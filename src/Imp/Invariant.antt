-- ===== src/Imp/Invariant.antt =====
-- imp.rs: the operations of a batch on all trees keep the database in step.
use Prim.Native.Nat.{◌-◌}
use block_rust.Base.{
  ◌+◌, ◌<◌, ◌≡◌, refl, ◌∙◌, true, Option, none, some, arith, ◌==◌, u64_mod, Outcome, ok, err, panic,
  Error, Bool-cases, inl, inr,
}
use block_rust.Base.Exec.{continue}
use block_rust.Base.Ord.{bytes_ord}
use block_rust.Types.{Batch, BatchCommit}
use block_rust.Command.{Command}
use block_rust.CommitLog.{CommitCommand}
use block_rust.LogFile.{LogFile}
use block_rust.Db
use block_rust.Db.{Db, Name, wrapping_next, new_batch_commit_number}
use block_rust.Db.Commits
use block_rust.Db.Commits.{IsDb}
use block_rust.Db.Steady.{ready_commit-IsSteady, abort_commit-IsSteady}
use block_rust.Db.Writers.{writer-IsDb}
use block_rust.Imp.{
  WriteBatch, ready_trees, each, each_attempt, write_batch, push_save_point, pop_save_point,
  rollback_save_point, finish_commit, commit, abort, close,
}
use block_rust.Imp.Loops.{Keeps, bind-Keeps, each-Keeps, each_attempt-Keeps, ready_trees-Keeps}

module _ {f : LogFile Command} {g : LogFile CommitCommand} where
  -- The state of a batch before its commit: in step, and with the next commit of `db0`.
  record IsBefore (db0 db : Db f g) : Type 0 where
    is_db : IsDb db
    next : db.next_commit ≡ db0.next_commit

  new_number-IsBefore : (db0 : Db f g) → Keeps (IsBefore db0) (new_batch_commit_number f g)
  unfolding new_batch_commit_number
  new_number-IsBefore db0 db h = elim (Bool-cases (db.next_batch_commit == u64_mod - 1)) [
    | inl full ↦ rw full (record {
      is_db = record { trees_at = h.is_db.trees_at; in_step = h.is_db.in_step };
      next = h.next;
    })
    | inr room ↦ rw room (record {
      is_db = record { trees_at = h.is_db.trees_at; in_step = h.is_db.in_step };
      next = h.next;
    })
  ]

  ready-IsBefore :
      (db0 : Db f g) (b : Batch) (bc : BatchCommit) (tree : Name)
      → Keeps (IsBefore db0) (Db.ready_commit f g b bc tree)
  ready-IsBefore db0 b bc tree db h = record {
    is_db = (writer-IsDb db b tree h.is_db).7 bc;
    next =
        (ready_commit-IsSteady db db (record { indexes = λ t. refl; view = refl; next = refl }) b bc
          tree).next
        ∙ h.next;
  }

  abort-IsBefore :
      (db0 : Db f g) (b : Batch) (bc : BatchCommit) (tree : Name)
      → Keeps (IsBefore db0) (Db.abort_commit f g b bc tree)
  abort-IsBefore db0 b bc tree db h = record {
    is_db = (writer-IsDb db b tree h.is_db).8 bc;
    next =
        (abort_commit-IsSteady db db (record { indexes = λ t. refl; view = refl; next = refl }) b bc
          tree).next
        ∙ h.next;
  }

  finish-IsDb :
      (db0 : Db f g) (b : Batch) (bc : BatchCommit) (x : Outcome (Option Error) × Db f g)
      → db0.next_commit + 1 < u64_mod
      → IsBefore db0 x.1
      → IsDb (continue x.0 (finish_commit f g b bc) x.1).1
  unfolding finish_commit
  finish-IsDb db0 b bc (ok (some e), db) room h = h.is_db
  finish-IsDb db0 b bc (ok none, db) room h =
      Commits.commit-IsDb db b bc h.is_db (omega (arith, h.next))
  finish-IsDb db0 b bc (err e, db) room h = h.is_db
  finish-IsDb db0 b bc (panic, db) room h = h.is_db

  commit-IsDb :
      (wb : WriteBatch) (db : Db f g)
      → IsDb db
      → db.next_commit + 1 < u64_mod
      → IsDb (commit f g wb db).1
  unfolding commit
  commit-IsDb wb db h room =
      go (new_batch_commit_number f g db).0 (new_batch_commit_number f g db).1
        (new_number-IsBefore db db (record { is_db = h; next = refl }))
    where
      go :
          (r : Outcome BatchCommit) (s : Db f g)
          → IsBefore db s
          → IsDb
              (continue r
                (λ bc s'.
                  continue
                    (ready_trees
                      (Db.ready_commit f g wb.inner bc)
                      (Db.abort_commit f g wb.inner bc)
                      none
                      wb.trees
                      s').0
                    (finish_commit f g wb.inner bc)
                    (ready_trees
                      (Db.ready_commit f g wb.inner bc)
                      (Db.abort_commit f g wb.inner bc)
                      none
                      wb.trees
                      s').1)
                s).1
      go (ok bc) s k =
          finish-IsDb db wb.inner bc
            (ready_trees (Db.ready_commit f g wb.inner bc) (Db.abort_commit f g wb.inner bc) none
              wb.trees s)
            room
            (ready_trees-Keeps (IsBefore db) (Db.ready_commit f g wb.inner bc)
              (Db.abort_commit f g wb.inner bc) none wb.trees (ready-IsBefore db wb.inner bc)
              (abort-IsBefore db wb.inner bc) s k)
      go (err e) s k = k.is_db
      go panic s k = k.is_db

  new_number-IsDb : Keeps IsDb (new_batch_commit_number f g)
  new_number-IsDb db h = (new_number-IsBefore db db (record { is_db = h; next = refl })).is_db

  batch-IsDb : Keeps IsDb (Db.batch f g)
  unfolding Db.batch
  batch-IsDb db h = elim (Bool-cases db.initialized) [
    | inr off ↦ rw off (record { trees_at = h.trees_at; in_step = h.in_step })
    | inl on ↦ elim (Bool-cases (db.next_batch == u64_mod - 1)) [
      | inl full ↦ rw (on, full) (record { trees_at = h.trees_at; in_step = h.in_step })
      | inr room ↦ rw (on, room) (record { trees_at = h.trees_at; in_step = h.in_step })
    ]
  ]

  -- Take a database in which the index of each tree stands for a history of writes, has reached the
  -- limit of the views and has not passed the next commit, which is at least that limit and below
  -- 2 ^ 64 - 1. All but the bound hold after each operation of a batch: its opening, its save points,
  -- its commit, its abort and its end, whatever these return.
  pub WriteBatch-IsDb :
      (wb : WriteBatch) (db : Db f g)
      → IsDb db
      → db.next_commit + 1 < u64_mod
      → IsDb (write_batch f g wb.trees db).1
        × IsDb (push_save_point f g wb db).1
        × IsDb (pop_save_point f g wb db).1
        × IsDb (rollback_save_point f g wb db).1
        × IsDb (commit f g wb db).1
        × IsDb (abort f g wb db).1
        × IsDb (close f g wb db).1
  unfolding write_batch push_save_point pop_save_point rollback_save_point abort close
  WriteBatch-IsDb wb db h room = (
    bind-Keeps IsDb (Db.batch f g) _ batch-IsDb
        (λ b.
          bind-Keeps IsDb (each (Db.open_batch f g b) wb.trees) _
            (each-Keeps IsDb (Db.open_batch f g b) wb.trees
              (λ tree s k. (writer-IsDb s b tree k).0))
            (λ u s k. k))
        db h,
    each-Keeps IsDb (Db.push_save_point f g wb.inner) wb.trees
        (λ tree s k. (writer-IsDb s wb.inner tree k).4) db h,
    each-Keeps IsDb (Db.pop_save_point f g wb.inner) wb.trees
        (λ tree s k. (writer-IsDb s wb.inner tree k).5) db h,
    each-Keeps IsDb (Db.rollback_save_point f g wb.inner) wb.trees
        (λ tree s k. (writer-IsDb s wb.inner tree k).6) db h,
    commit-IsDb wb db h room,
    bind-Keeps IsDb (new_batch_commit_number f g)
        (λ bc. each_attempt (Db.abort_commit f g wb.inner bc) wb.trees) new_number-IsDb
        (λ bc.
          each_attempt-Keeps IsDb (Db.abort_commit f g wb.inner bc) wb.trees
            (λ tree s k. (writer-IsDb s wb.inner tree k).8 bc))
        db h,
    bind-Keeps IsDb (each_attempt (Db.close f g wb.inner) wb.trees)
        (λ u s. (ok (record wb { closed = true }), s))
        (each_attempt-Keeps IsDb (Db.close f g wb.inner) wb.trees
          (λ tree s k. (writer-IsDb s wb.inner tree k).9))
        (λ u s k. k) db h,
  )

-- -- --

## Task brief
Please report how many lines in the listing above contain the word "which", and give nothing but the number.

## Task result
2